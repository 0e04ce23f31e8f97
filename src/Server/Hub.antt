-- ===== src/Server/Hub.antt =====
-- internal/runnerserver/hub.go: who may connect as a runner, and which connection is the current one
-- of a runner. A part of a method under the mutex is one operation. A connection is a number.
use network_skill_lab.Prelude.{
  Bool, List, Option, Result, String, Time, [], codes, err, false, if◌then◌else◌, leb, length, map,
  none, ok, some, str_eq, true, ℕ, ◌&&◌, ◌+◌, ◌==◌, ◌∷◌,
}
use mathlib.Core.Option
use network_skill_lab.Content.Lab.{Bytes, bytes_eq}

-- `store.Runner`, as far as the hub reads it.
pub record Runner : Type 0 where
  pub id : String
  pub token_hash : Bytes
  pub revoked : Bool

pub record Hello : Type 0 where
  pub proto : ℕ
  pub name : String
  pub version : String
  pub capacity : ℕ
  pub capabilities : List String
  pub sandboxes : List String

abbrev pub proto_version : ℕ
proto_version = 1

-- `strings.Cut(header, " ")`
abbrev pub cut_space : Bytes → Option (Bytes × Bytes)
cut_space [] = none
cut_space (c ∷ cs) =
    let rest = cut_space cs in
    if c == 32 then some ([], cs) else Option.map (λ (before, after). (c ∷ before, after)) rest

-- `strings.EqualFold`, on a text of ASCII letters that have no other fold.
abbrev pub lower : ℕ → ℕ
lower c = if leb 65 c && leb c 90 then c + 32 else c

abbrev pub is_bearer : Bytes → Bool
is_bearer scheme = bytes_eq (map lower scheme) (codes "bearer")

abbrev pub token_of : Option (Bytes × Bytes) → Option Bytes
token_of none = none
token_of (some (scheme, [])) = none
token_of (some (scheme, c ∷ cs)) = if is_bearer scheme then some (c ∷ cs) else none

-- `bearerToken`
unfoldable pub bearer_token : Bytes → Option Bytes
bearer_token header = token_of (cut_space header)

pub data Close : Type 0 where
  protocol_mismatch unauthorized : Close

-- `ByName`, which answers `none` on an error too, and `auth.VerifyPassword` are parameters.
module _ (by_name : String → Option Runner) (verify : Bytes → Bytes → Option Bool) where
  abbrev pub verified : Option Bool → Runner → Result Close Runner
  verified (some true) r = ok r
  verified _ r = err unauthorized

  abbrev pub unless_revoked : Bool → Runner → Bytes → Result Close Runner
  unless_revoked true r token = err unauthorized
  unless_revoked false r token = verified (verify r.token_hash token) r

  abbrev pub admit : Option Runner → Bytes → Result Close Runner
  admit none token = err unauthorized
  admit (some r) token = unless_revoked r.revoked r token

  -- `authenticate`
  abbrev pub authenticate : String → Option Bytes → Result Close Runner
  authenticate name none = err unauthorized
  authenticate name (some token) = admit (by_name name) token

  -- `ServeHTTP` up to the registration; `none` is what `readHello` cannot read.
  unfoldable pub handshake : Bytes → Option Hello → Result Close Runner
  handshake header none = err protocol_mismatch
  handshake header (some hello) =
      if hello.proto == proto_version
      then authenticate hello.name (bearer_token header)
      else err protocol_mismatch

-- `RunnerInfo`; the name is the key of the entry.
pub record RunnerInfo : Type 0 where
  pub capabilities : List String
  pub capacity : ℕ
  pub active : ℕ
  pub connected : Bool
  pub last_seen : Time
  pub version : String

pub record Entry : Type 0 where
  pub info : RunnerInfo
  pub conn : Option ℕ

-- `notified` holds the connections for which the callbacks of `OnDisconnect` were run, newest first.
pub record Hub : Type 0 where
  pub entries : String → Option Entry
  pub notified : List ℕ

unfoldable pub new_hub : Hub
new_hub = record { entries = λ name. none; notified = [] }

abbrev pub conn_in : Option Entry → Option ℕ
conn_in none = none
conn_in (some e) = e.conn

-- `Get`; also the connection that the first part of `register` finds and shuts down.
unfoldable pub get : String → Hub → Option ℕ
get name h = conn_in (h.entries name)

abbrev pub put : String → Entry → Hub → Hub
put name e h = record h { entries = λ other. if str_eq name other then some e else h.entries other }

-- The second part of `register`.
unfoldable pub register : ℕ → String → Hello → Time → Hub → Hub
register c name hello now h =
    put name
      (record {
        info = record {
          capabilities = hello.capabilities;
          capacity = hello.capacity;
          active = length hello.sandboxes;
          connected = true;
          last_seen = now;
          version = hello.version;
        };
        conn = some c;
      })
      h

abbrev pub is_conn : ℕ → Option ℕ → Bool
is_conn c none = false
is_conn c (some d) = c == d

abbrev pub dropped : Entry → Entry
dropped e = record { info = record e.info { connected = false }; conn = none }

abbrev pub drop_if : Bool → ℕ → String → Entry → Hub → Hub
drop_if false c name e h = h
drop_if true c name e h = let h' = put name (dropped e) h in record h' { notified = c ∷ h.notified }

abbrev pub drop_found : Option Entry → ℕ → String → Hub → Hub
drop_found none c name h = h
drop_found (some e) c name h = drop_if (is_conn c e.conn) c name e h

-- `unregister`: a connection that was replaced changes nothing, and no callback is run.
unfoldable pub unregister : ℕ → String → Hub → Hub
unregister c name h = drop_found (h.entries name) c name h

abbrev pub seen_if : Bool → String → Entry → ℕ → Time → Hub → Hub
seen_if false name e active now h = h
seen_if true name e active now h =
    put name (record e { info = record e.info { active = active; last_seen = now } }) h

abbrev pub seen : Option Entry → ℕ → String → ℕ → Time → Hub → Hub
seen none c name active now h = h
seen (some e) c name active now h = seen_if (is_conn c e.conn) name e active now h

-- `pinged`, less the touch of the database.
unfoldable pub pinged : ℕ → String → ℕ → Time → Hub → Hub
pinged c name active now h = seen (h.entries name) c name active now h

_ _ _ _

Task item: Please copy, exactly as written, every line in the listing above from the line with "pub proto : ℕ" up to and including the line with "token_of (some (scheme, [])) = none".

Task output:
  pub proto : ℕ
  pub name : String
  pub version : String
  pub capacity : ℕ
  pub capabilities : List String
  pub sandboxes : List String

abbrev pub proto_version : ℕ
proto_version = 1

-- `strings.Cut(header, " ")`
abbrev pub cut_space : Bytes → Option (Bytes × Bytes)
cut_space [] = none
cut_space (c ∷ cs) =
    let rest = cut_space cs in
    if c == 32 then some ([], cs) else Option.map (λ (before, after). (c ∷ before, after)) rest

-- `strings.EqualFold`, on a text of ASCII letters that have no other fold.
abbrev pub lower : ℕ → ℕ
lower c = if leb 65 c && leb c 90 then c + 32 else c

abbrev pub is_bearer : Bytes → Bool
is_bearer scheme = bytes_eq (map lower scheme) (codes "bearer")

abbrev pub token_of : Option (Bytes × Bytes) → Option Bytes
token_of none = none
token_of (some (scheme, [])) = none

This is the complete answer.